In early August Disney announced it will be withdrawing all of its content from Netflix from 2019. The company plans to start up its own streaming service incorporating its giant library of content. The announcement hit the entertainment industry like an atomic bomb. This was one of the world's biggest content providers saying it was going to go its own way.
So just how much more fragmented can the streaming world get before consumers turn sour?
Netflix, Amazon and Apple ... Oh my ...
The dominance of Netflix over the past few years has turned many heads in the business. Not only with how quickly audiences have flocked to streaming as a serious mode of media viewing, but also in its giant spending on producing original content. As Netflix paved the way, others have followed, and now we have an assortment of different streaming services, all clamoring for content, and all asking for a simple monthly subscription fee.
Netflix, Amazon and Hulu are the biggest players, while an assortment of smaller companies are also now offering content on a subscription or pay-per-view basis. With every content producer wanting its own piece of the pie we see new deals inked every day.
Comcast has teamed up with AMC and FX to create AMC Premiere and FX+, both new subscription services offering the network's content on-demand. Even the old-fashioned networks are getting in on the game. CBS, for example, is offering CBS All Access, streaming all its library of shows on-demand for just $5.99 a month.
Get ready for even more content to come at you soon with Netflix upping its original content production budget to a record $7 billion in 2018, while Amazon is set to drop $4.5 billion into making new content over the next twelve months. Even Apple is getting into the streaming game, announcing an upcoming spend of $1 billion to either acquire or produce up to 10 new shows to be distributed through iTunes. Oh, and don't forget Facebook. It recently announced a new TV platform called Watch. A variety of new shows will be specifically produced for Watch, and you won't even need to pay anything to view. Facebook is just happy to keep you inside its ecosystem that little bit longer.
How much is too much?
The so-called new golden age of television is quickly turning into a murky quagmire of excessive content and absolute fragmentation. The promise of internet streaming just a decade ago was glorious. Watch whatever you want, whenever you want, at just the click of a button. And that promise has been suitably filled – in a way … if you can find who is streaming it, and subscribe.
How many monthly subscriptions are you willing to sign up for?
These $10 or $15 subscriptions all add up, and while they still may add up to less than you were paying monthly in the glory days of expensive cable TV, how many bills a month do you want on your plate?
Fifty-four percent of millennials, the generation that took up the streaming trend most swiftly, currently subscribe to one or two streaming services, according to a recent Morning Consult poll. But things drop off quickly when you ask people to sign up to more services. A whopping 73 percent of millennials said they wished everything they wanted to watch was just on a single service.

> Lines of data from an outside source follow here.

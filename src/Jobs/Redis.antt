-- ===== src/Jobs/Redis.antt =====
-- Redis, as internal/jobs uses it: what a server holds, and its commands with their effects.
mod Store
mod Server
pub use Store.*
pub use Server.*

It seems around two streaming subscriptions is the sweet spot, with three pushing the limits for most. And don't forget all those other subscriptions you have signed up for from AppleMusic, Spotify and Tidal to fill your music needs to whatever variety of news websites that you read.
In the world of TV and film this increasing trend of fragmentation will make it more difficult for audiences to work out what they want to watch and where it can be found.
Where to from here?
Consolidation seems like the obvious solution, bundling up several streaming services into one larger overall subscription. The last 20 years of the cable model has demonstrated that this solution doesn't really work. For a couple of decades cable bundles became increasingly bulky and expensive leaving audiences paying upwards of $100 a month for scores of channels playing content they were ultimately just not interested in. If any lesson could be learned from the recent downward trend in cable audience sign-ups it is that consumers want streamlined services rather than an overwhelming diaspora of channels and content.

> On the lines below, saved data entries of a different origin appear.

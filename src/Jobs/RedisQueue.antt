-- ===== src/Jobs/RedisQueue.antt =====
-- internal/jobs/queue/redis_queue.go. A method takes the server's state and returns the new one beside
-- its result. The clock's reading and new UUIDs are arguments; so is the JSON codec.
pub mod Enqueue
pub mod Dequeue
pub mod Fail
pub mod Release
use arcana_cloud_go.Base.{
  ℕ, ◌+◌, ◌-◌, ◌/◌, String, Bool, true, false, not, Option, none, some, List, [], ◌∷◌, ltb, str_eq,
  if◌then◌else◌,
}
use arcana_cloud_go.Base.Int.{ℤ, pos, negsuc}
use arcana_cloud_go.Jobs.Exec.{
  Err, job_not_found, duplicate_job, queue_empty, not_serialized, not_deserialized, unavailable,
  Result, ok, err, Exec, pure, raise, try, ignore, or_raise, when, ◌>>=◌, ◌>>◌,
}
use arcana_cloud_go.Jobs.Job.{
  JobPayload, Priority, low, normal, high, critical, pending, running, completed, retrying, dead,
  Scale, calculate_delay, second, day,
}
use arcana_cloud_go.Jobs.Redis.{
  Redis, Value, blob, plain, stamped, Key, queue, job, scheduled, unique, dlq, stats,
}

-- json.Marshal and json.Unmarshal of a job.
pub record Codec (D : Type 0) : Type 0 where
  pub marshal : JobPayload → Option D
  pub unmarshal : D → Option JobPayload

abbrev pub unix : ℕ → ℕ
unix t = t / second

abbrev pub is_empty : String → Bool
is_empty s = str_eq s ""

abbrev pub all_priorities : List Priority
all_priorities = critical ∷ high ∷ normal ∷ low ∷ []

-- job.Status = Running; job.StartedAt = &now; job.Attempts++
abbrev pub started : ℕ → JobPayload → JobPayload
started now j = record j { status = running; started_at = some now; attempts = j.attempts + 1 }

module _ {D : Type 0} (r : Redis D) (codec : Codec D) where
  pub check_duplicate : String → Exec r.State (Unit {0})
  check_duplicate unique_key = do
    exists ← try (r.exists (unique unique_key))
    if exists then raise duplicate_job else pure tt

  enqueue_at : Option ℕ → ℕ → JobPayload → Exec r.State (Unit {0})
  enqueue_at none now j = try (r.lpush (queue j.priority) j.id)
  enqueue_at (some t) now j =
      if ltb now t
      then try (r.zadd scheduled (unix t) j.id)
      else try (r.lpush (queue j.priority) j.id)

  unfoldable pub schedule_or_enqueue : ℕ → JobPayload → Exec r.State (Unit {0})
  unfolding enqueue_at
  schedule_or_enqueue now j = enqueue_at j.scheduled_at now j

  -- time.Until(at) + 24h; a key that must already have expired is not modelled, so the sum is cut at 0.
  pub unique_ttl : Option ℕ → ℕ → ℕ
  unique_ttl none now = day
  unique_ttl (some t) now = t + day - now

  unfoldable pub set_unique_key : ℕ → JobPayload → Exec r.State (Unit {0})
  unfolding unique_ttl
  set_unique_key now j =
      try (r.set (unique j.unique_key) (plain j.id) (unique_ttl j.scheduled_at now))

  pub store : JobPayload → Exec r.State (Unit {0})
  store j = do
    bytes ← or_raise (codec.marshal j) not_serialized
    try (r.set (job j.id) (blob bytes) day)

  unfoldable pub enqueue : ℕ → JobPayload → Exec r.State (Unit {0})
  unfolding check_duplicate schedule_or_enqueue set_unique_key store
  enqueue now j = do
    when (not (is_empty j.unique_key)) (check_duplicate j.unique_key)
    store j
    schedule_or_enqueue now j
    when (not (is_empty j.unique_key)) (set_unique_key now j)
    ignore (r.hincrby stats "enqueued_total" (pos 1))
    ignore (r.hincrby stats "pending" (pos 1))

  decode : Option (Value D) → Exec r.State JobPayload
  decode none = raise job_not_found
  decode (some (blob bytes)) = or_raise (codec.unmarshal bytes) not_deserialized
  decode (some (plain s)) = raise not_deserialized
  decode (some (stamped w t)) = raise not_deserialized

  unfoldable pub get_job : String → Exec r.State JobPayload
  unfolding decode
  get_job id = do found ← try (r.get (job id)); decode found

  unfoldable pub update_job : JobPayload → Exec r.State (Unit {0})
  unfolding store
  update_job j = store j

  -- The part of the loop body after the job was read.
  pub take_job : ℕ → JobPayload → Exec r.State JobPayload
  unfolding update_job
  take_job now j = do
    update_job (started now j)
    ignore (r.hincrby stats "pending" (negsuc 0))
    pure (started now j)

  -- A job that cannot be read is skipped, and so is the rest of its queue.
  read_or_skip : ℕ → Exec r.State JobPayload → Result Err JobPayload → Exec r.State JobPayload
  unfolding take_job
  read_or_skip now go_on (ok j) s = take_job now j s
  read_or_skip now go_on (err e) s = go_on s

  pop_or_skip : ℕ → Exec r.State JobPayload → Option (Option String) → Exec r.State JobPayload
  unfolding get_job read_or_skip
  pop_or_skip now go_on none s = (err unavailable, s)
  pop_or_skip now go_on (some none) s = go_on s
  pop_or_skip now go_on (some (some id)) s =
      let (found, s') = get_job id s in read_or_skip now go_on found s'

  unfoldable pub dequeue_from : ℕ → List Priority → Exec r.State JobPayload
  unfolding pop_or_skip
  dequeue_from now [] s = (err queue_empty, s)
  dequeue_from now (p ∷ ps) s =
      let (popped, s') = r.rpop (queue p) s in pop_or_skip now (dequeue_from now ps) popped s'

  -- No priorities means all of them.
  unfoldable pub dequeue : ℕ → List Priority → Exec r.State JobPayload
  unfolding dequeue_from
  dequeue now [] = dequeue_from now all_priorities
  dequeue now (p ∷ ps) = dequeue_from now (p ∷ ps)

  pub delete_unique_key : JobPayload → Exec r.State (Unit {0})
  delete_unique_key j = when (not (is_empty j.unique_key)) (ignore (r.del (unique j.unique_key)))

  unfoldable pub complete : ℕ → String → Exec r.State (Unit {0})
  unfolding get_job update_job delete_unique_key
  complete now id = do
    j ← get_job id
    update_job (record j { status = completed; completed_at = some now })
    delete_unique_key j
    ignore (r.hincrby stats "completed_total" (pos 1))

  module _ (scale : Scale) where
    -- A failure with attempts left: back to the scheduled set, after the policy's delay.
    pub retry_later : ℕ → JobPayload → Exec r.State (Unit {0})
    unfolding update_job
    retry_later now j = do
      let at = now + calculate_delay scale j.retry_policy j.attempts
      update_job (record j { status = retrying; scheduled_at = some at })
      try (r.zadd scheduled (unix at) j.id)
      ignore (r.hincrby stats "retries_total" (pos 1))

    pub bury : JobPayload → Exec r.State (Unit {0})
    unfolding update_job delete_unique_key
    bury j = do
      update_job (record j { status = dead })
      try (r.lpush dlq j.id)
      delete_unique_key j
      ignore (r.hincrby stats "dead_total" (pos 1))

    unfoldable pub fail : ℕ → String → String → Exec r.State (Unit {0})
    unfolding get_job retry_later bury
    fail now id message = do
      j ← get_job id
      let failed_job = record j { last_error = message }
      if ltb j.attempts j.max_retries then retry_later now failed_job else bury failed_job
      ignore (r.hincrby stats "failed_total" (pos 1))

  -- The loop body of `ProcessScheduled`; an error leads to the next id.
  pub release_due : String → Exec r.State (Unit {0})
  unfolding get_job update_job
  release_due id = do
    j ← get_job id
    try (r.zrem scheduled id)
    update_job (record j { scheduled_at = none; status = pending })
    try (r.lpush (queue j.priority) j.id)

  count_ok : Result Err (Unit {0}) → ℕ → ℕ
  count_ok (ok _) n = n + 1
  count_ok (err e) n = n

  release_all : List String → ℕ → Exec r.State ℕ
  unfolding release_due count_ok
  release_all [] processed s = (ok processed, s)
  release_all (id ∷ ids) processed s =
      let (result, s') = release_due id s in release_all ids (count_ok result processed) s'

  unfoldable pub process_scheduled : ℕ → Exec r.State ℕ
  unfolding release_all
  process_scheduled now = do ids ← try (r.zrange_by_score scheduled (unix now)); release_all ids 0

  -- `RetryDLQJob`; the new id is a fresh UUID.
  unfoldable pub retry_dlq_job : ℕ → String → String → Exec r.State (Unit {0})
  unfolding get_job enqueue
  retry_dlq_job now uuid id = do
    j ← get_job id
    try (r.lrem_first dlq id)
    enqueue now (record j { status = pending; attempts = 0; last_error = ""; id = uuid })

  unfoldable pub delete_job : String → Exec r.State (Unit {0})
  unfolding get_job delete_unique_key
  delete_job id = do
    j ← get_job id
    ignore (r.del (job id))
    ignore (r.lrem_all (queue j.priority) id)
    ignore (r.zrem scheduled id)
    ignore (r.lrem_all dlq id)
    delete_unique_key j

  unfoldable pub requeue_job : String → Priority → Exec r.State (Unit {0})
  requeue_job id p = try (r.lpush (queue p) id)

But what is the alternative? Kneeling at the alter of a singular monopoly that controls all media? This surely would be the preferred outcome for the Netflix behemoth, but a single monopolizing entity has never proven to be a positive outcome in any industry.
The only thing we can really be sure of is that the next 5 to 10 years will be a messy and frustrating time for audiences. We may have more television shows being made than ever, but the golden promise of internet streaming is rapidly souring and the worst is yet to come.